Noah’s sons, Ham, Shem and Japheth, worked hard all the long day long, but they did manage to gossip and kvetch along the way.

 They were not afraid to tell their father to his face about their fears that the Ark might be one crazy Folly. The summer had been blistering hot with little rain. They had spent all their time building a behemoth-sized ship in the middle of a pasture. They were loyal sons and obeyed their father, but they had their own opinions, yes they did.

 They all liked Tovi and knew how much Noah valued the advice of his friend, and had to admit that the mouse’s seafaring know-how was a big help. Still, although none of them had built so much as a rowboat before, they felt miffed that one of them had not been put in charge of the Ark.

(If that seems unfair, imagine how you would feel if you were a grown-up being ordered about day in and day out by a little creature you could hold in the palm of your hand.)

 Ham felt that as oldest he should have been made builder-in-chief.

 Shem had always been good at organizing things and felt that he could have kept the building supplies in much better order than a mouse.

 And Japheth, as youngest, felt that his talents were, as always, very much unappreciated.

 Mrs.
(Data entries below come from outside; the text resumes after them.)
-- ===== src/Workspaces/Secrets.antt =====
-- The token of an installation in the errors of Git commands.
use oh_my_github_runner.Prelude.{
  ℕ, ◌≡◌, sym, ap, ◌∙◌, false, none, some, get_or, List, [], ◌∷◌, ◌++◌, if◌then◌else◌, ◌==◌, codes,
  append_assoc,
}
use oh_my_github_runner.Prelude.Action.{Result, ok, err, after, git_failed}
use oh_my_github_runner.Commands.{Text}
use oh_my_github_runner.Tools.{RunProcessResult}
use oh_my_github_runner.Tools.Claude.{join_with}
use oh_my_github_runner.Masking.{mask_secrets}
use oh_my_github_runner.Masking.Replacing.{IsSolid, printed_command, mask-credentials}
use oh_my_github_runner.Workspaces.{
  Effect, GitWorkspaceManagerOptions, Host, build_auth_args, run_git, run, git, unless_failed,
  raw_error, without_slashes, or_text,
}

-- A text that is not empty and has no white space.
abbrev pub IsWord : Text → Type 0
IsWord cs = (c : ℕ) × (rest : Text) × (cs ≡ c ∷ rest) × IsSolid (c ∷ rest)

abbrev printed_args : List Text → Text
printed_args args = codes "git failed: " ++ join_with (codes " ") args

abbrev command_text : Text → List Text → Text
command_text credentials args =
    codes "git failed: "
    ++ join_with (codes " ") (
        codes "-c"
        ∷ (codes "http.https://github.com/.extraheader=AUTHORIZATION: Basic " ++ credentials)
        ∷ args)

command_text-printed :
    (c : ℕ) (cs arg : Text) (args : List Text)
    → command_text (c ∷ cs) (arg ∷ args)
      ≡ printed_command ++ (c ∷ cs) ++ 32 ∷ join_with (codes " ") (arg ∷ args)
command_text-printed c cs arg args =
    ap (λ t. printed_command ++ (c ∷ t))
      (append_assoc cs (codes " ") (join_with (codes " ") (arg ∷ args)))

command_text-masked :
    (x y arg : Text) (args : List Text)
    → IsWord x
    → IsWord y
    → mask_secrets (command_text x (arg ∷ args)) ≡ mask_secrets (command_text y (arg ∷ args))
command_text-masked x y arg args (c, cs, e, solid) (d, ds, f, solid') =
    ap (λ t. mask_secrets (command_text t (arg ∷ args))) e
    ∙ ap mask_secrets (command_text-printed c cs arg args)
    ∙ mask-credentials c d cs ds (join_with (codes " ") (arg ∷ args)) solid solid'
    ∙ ap mask_secrets (sym (command_text-printed d ds arg args))
    ∙ ap (λ t. mask_secrets (command_text t (arg ∷ args))) (sym f)

module _ (options : GitWorkspaceManagerOptions) (host : Host)
    (default_url : options.github_web_base_url ≡ none) where
  -- The base64 text of the credentials of a token.
  abbrev pub credentials_of : ℕ → Text → Text
  credentials_of c cs = host.base64 (codes "x-access-token:" ++ c ∷ cs)

  raw_error-printed :
      (c : ℕ) (cs : Text) (args : List Text) (result : RunProcessResult)
      → result.stderr ≡ []
      → result.stdout ≡ []
      → raw_error options host (build_auth_args options host (some (c ∷ cs)) ++ args) result
        ≡ command_text (credentials_of c cs) args
  unfolding build_auth_args without_slashes
  raw_error-printed c cs args result e f =
      ap
        (λ t. or_text t (
          or_text result.stdout
            (printed_args (build_auth_args options host (some (c ∷ cs)) ++ args))))
        e
      ∙ ap (λ t. or_text t (printed_args (build_auth_args options host (some (c ∷ cs)) ++ args))) f
      ∙ ap
          (λ o. printed_args (
            codes "-c"
            ∷ (codes "http."
                ++ without_slashes (get_or o (codes "https://github.com"))
                ++ codes "/.extraheader=AUTHORIZATION: Basic "
                ++ credentials_of c cs)
            ∷ args))
          default_url

  git_fails :
      (args : List Text) (s : List Effect) (result : RunProcessResult)
      → host.process (s ++ run (git options host) args ∷ []) ≡ ok result
      → (result.exit_code == 0) ≡ false
      → (run_git options host args s).0
        ≡ err (git_failed (mask_secrets (raw_error options host args result)))
  unfolding run_git
  git_fails args s result e f =
      ap
        (λ r.
          (after (r, s ++ run (git options host) args ∷ []) (unless_failed options host args)).0)
        e
      ∙ ap (λ (r : Result RunProcessResult × List Effect). r.0)
          (ap
            (λ b. if b then (ok result, s ++ run (git options host) args ∷ []) else (
              err (git_failed (mask_secrets (raw_error options host args result))),
              s ++ run (git options host) args ∷ [],
            ))
            f)

  -- For the default base URL: a Git command that begins with the arguments of a token, as the fetch
  -- and the clone of a mirror do, and that ends with another exit code than 0 and prints nothing
  -- fails with an error that is the same for another token. The base64 texts of the credentials of
  -- both tokens are not empty and have no white space.
  pub git_failure_hides :
      (c d : ℕ) (cs ds arg : Text) (args : List Text) (s : List Effect)
      (result result' : RunProcessResult)
      → IsWord (credentials_of c cs)
      → IsWord (credentials_of d ds)
      → host.process (
          s
          ++ run (git options host) (build_auth_args options host (some (c ∷ cs)) ++ arg ∷ args)
            ∷ [])
        ≡ ok result
      → host.process (
          s
          ++ run (git options host) (build_auth_args options host (some (d ∷ ds)) ++ arg ∷ args)
            ∷ [])
        ≡ ok result'
      → ((result.exit_code == 0) ≡ false) × (result.stderr ≡ []) × (result.stdout ≡ [])
      → ((result'.exit_code == 0) ≡ false) × (result'.stderr ≡ []) × (result'.stdout ≡ [])
      → (run_git options host (build_auth_args options host (some (c ∷ cs)) ++ arg ∷ args) s).0
        ≡ (run_git options host (build_auth_args options host (some (d ∷ ds)) ++ arg ∷ args) s).0
  git_failure_hides c d cs ds arg args s result result' word word' e e' (f, g, h) (f', g', h') =
      git_fails _ s result e f
      ∙ ap (λ t. err (git_failed (mask_secrets t))) (raw_error-printed c cs (arg ∷ args) result g h)
      ∙ ap (λ t. err (git_failed t))
          (command_text-masked (credentials_of c cs) (credentials_of d ds) arg args word word')
      ∙ ap (λ t. err (git_failed (mask_secrets t)))
          (sym (raw_error-printed d ds (arg ∷ args) result' g' h'))
      ∙ sym (git_fails _ s result' e' f')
Noah worried too. She had heard Noah explain how they needed to go into the great wide world and bring back two of each living creature for the Ark. Like Tovi, Mrs. Noah was a practical soul. No matter how big the Ark, she could tell it was going to be crowded in there, with all those animals and birds and insects. It was going to be very smelly and very noisy. Really, how would anybody get any sleep?

Mrs. Noah thought of her husband as the dreamer of the family. She was the one who saw to the details of their life. She was the one who made sure that the goats were tended to and the cheese was made, the seed crops laid by each harvest, and the roof weatherproofed before winter came. She organized her daughters-in-law to spin and weave and keep them all in clothes. She made sure each son had his own plot of land to tend, and his own duties to keep the place humming.
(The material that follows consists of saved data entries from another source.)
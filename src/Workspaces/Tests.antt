-- ===== src/Workspaces/Tests.antt =====
-- A manager with the default executable and base URL, on a host where every command succeeds, or
-- where each fails and prints nothing.
use oh_my_github_runner.Prelude.{
  ◌==◌, ◌+◌, ◌-◌, ◌*◌, ◌/◌, ◌%◌, ltb, if◌then◌else◌, ℕ, ◌≡◌, refl, none, some, List, [], ◌∷◌, ◌++◌,
  codes, false,
}
use oh_my_github_runner.Prelude.Action.{ok}
use oh_my_github_runner.Task.{TaskRecord, running}
use oh_my_github_runner.Task.Samples.{sample_task, sample_repo}
use oh_my_github_runner.Commands.{Text, is_space}
use oh_my_github_runner.Tools.{RunProcessResult}
use oh_my_github_runner.Workspaces.{
  read_dir, GitWorkspaceManagerOptions, Host, build_auth_args, run_git, get_workspace_path,
  prepare_observe_workspace, prepare_mutate_workspace, prepare_pr_implement_workspace,
  cleanup_orphan_workspaces,
}
use oh_my_github_runner.Workspaces.Preparing.{
  Followed, mirror_plan, clone_plan, ref_plan, branch_plan, prepare-Followed,
}
use oh_my_github_runner.Workspaces.Orphans.{Removed, removals, cleanup-Removed}
use oh_my_github_runner.Workspaces.Secrets.{git_failure_hides}

abbrev defaults : GitWorkspaceManagerOptions
defaults = record {
  repos_dir = codes "/repos";
  workspaces_dir = codes "/w";
  git_executable = none;
  github_web_base_url = none;
}

abbrev joined : List Text → Text
joined [] = []
joined (part ∷ parts) = part ++ codes "/" ++ joined parts

abbrev sextet : ℕ → ℕ
sextet n =
    if ltb n 26
    then 65 + n
    else if ltb n 52
    then 71 + n
    else if ltb n 62
    then n - 4
    else if n == 62
    then 43
    else 47

abbrev encoded : Text → Text
encoded [] = []
encoded (a ∷ []) = sextet (a / 4) ∷ sextet (a % 4 * 16) ∷ codes "=="
encoded (a ∷ b ∷ []) =
    sextet (a / 4) ∷ sextet (a % 4 * 16 + b / 16) ∷ sextet (b % 16 * 4) ∷ codes "="
encoded (a ∷ b ∷ c ∷ cs) =
    sextet (a / 4)
    ∷ sextet (a % 4 * 16 + b / 16)
    ∷ sextet (b % 16 * 4 + c / 64)
    ∷ sextet (c % 64)
    ∷ encoded cs

abbrev silent : ℕ → RunProcessResult
silent exit_code = record { exit_code = exit_code; stdout = []; stderr = [] }

abbrev host_with : ℕ → Host
host_with exit_code = record {
  join = joined;
  dirname = λ p. p;
  base64 = encoded;
  text_of = λ _. codes "x";
  exists = λ _. false;
  done = λ _. ok tt;
  entries = λ _. ok (some (codes "t1" ∷ codes "t2" ∷ []));
  process = λ _. ok (silent exit_code);
}

abbrev some_task : TaskRecord
some_task = sample_task "t1" "issue-implement" running 5

abbrev task_path : Text
task_path = get_workspace_path defaults (host_with 0) "t1"

prepare-Followed_example :
    Followed
      (mirror_plan defaults (host_with 0) [] sample_repo (some (codes "tok"))
        ++ clone_plan defaults (host_with 0) sample_repo task_path
        ++ ref_plan defaults (host_with 0) task_path (some (codes "main")) (some (codes "tok")))
      []
      (prepare_observe_workspace defaults
        (host_with 0)
        some_task
        (some (codes "main"))
        (some (codes "tok"))
        [])
    × Followed
        (mirror_plan defaults (host_with 0) [] sample_repo (some (codes "tok"))
          ++ branch_plan defaults
              (host_with 0)
              sample_repo
              task_path
              (some (codes "tok"))
              (codes "ai")
              (codes "main"))
        []
        (prepare_mutate_workspace defaults
          (host_with 0)
          sample_repo
          some_task
          (codes "main")
          (codes "ai")
          (some (codes "tok"))
          [])
    × Followed
        (mirror_plan defaults (host_with 0) [] sample_repo (some (codes "tok"))
          ++ branch_plan defaults
              (host_with 0)
              sample_repo
              task_path
              (some (codes "tok"))
              (codes "ai")
              (codes "ai"))
        []
        (prepare_pr_implement_workspace defaults
          (host_with 0)
          sample_repo
          some_task
          (codes "ai")
          (some (codes "tok"))
          [])
prepare-Followed_example =
    prepare-Followed defaults (host_with 0) sample_repo some_task (codes "main") (codes "ai")
      (some (codes "main")) (some (codes "tok")) []

cleanup-Removed_example :
    Removed 0
      (removals defaults (host_with 0) (codes "t2" ∷ []) (codes "t1" ∷ codes "t2" ∷ []))
      (read_dir (codes "/w") ∷ [])
      (cleanup_orphan_workspaces defaults (host_with 0) (codes "t2" ∷ []) [])
cleanup-Removed_example =
    cleanup-Removed defaults (host_with 0) (codes "t2" ∷ []) (codes "t1" ∷ codes "t2" ∷ []) [] refl

git_failure_hides_example :
    (run_git defaults
      (host_with 128)
      (build_auth_args defaults (host_with 128) (some (codes "one")) ++ codes "push" ∷ [])
      []).0
    ≡ (run_git defaults
        (host_with 128)
        (build_auth_args defaults (host_with 128) (some (codes "two")) ++ codes "push" ∷ [])
        []).0
unfolding is_space
git_failure_hides_example =
    git_failure_hides defaults (host_with 128) refl 111 116 (codes "ne") (codes "wo") (codes "push")
      [] [] (silent 128) (silent 128) (101, codes "C1hY2Nlc3MtdG9rZW46b25l", refl, refl)
      (101, codes "C1hY2Nlc3MtdG9rZW46dHdv", refl, refl) refl refl (refl, refl, refl)
      (refl, refl, refl)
Now, thought Mrs. Noah, at the stage in life when all she really wanted was the comfort of her own home, now her husband comes up with this idea that they were all going to have to live on a ship for who knew how long with a bunch of unruly and no doubt smelly animals.

Well, if that was their fate, so be it, she thought. She respected Noah’s vision. Howsomever! She would have something to say about keeping the Ark clean and tidy and well running, or her name was not Mrs. Noah.

Noah found himself tumbling through a hundred feelings each day. He felt grateful that he and his family would be spared from the terrible flood that was coming. He felt sad for everyone to be left behind. He felt honored that he had been chosen to save the animals. He worried about finishing the Ark, getting the animals aboard in time, and making sure they had enough supplies to last them all their days afloat. At the top of his list of worries, though he would never admit this to Tovi, was the fear that he was going to be seasick for the whole long voyage.

Finally, with Tovi as chief shipbuilder and nag, they finished the Ark on a hot bright day under an aquamarine sky. They all felt proud. It was a very impressive ship. No matter how odd it seemed to have built a seagoing vessel so far from water, the whole family gathered around and cheered.

Tovi perched on Noah’s shoulder, gazing up at the Ark. He was thinking back to the day when Noah learned that the whole course of the world was about to change forever.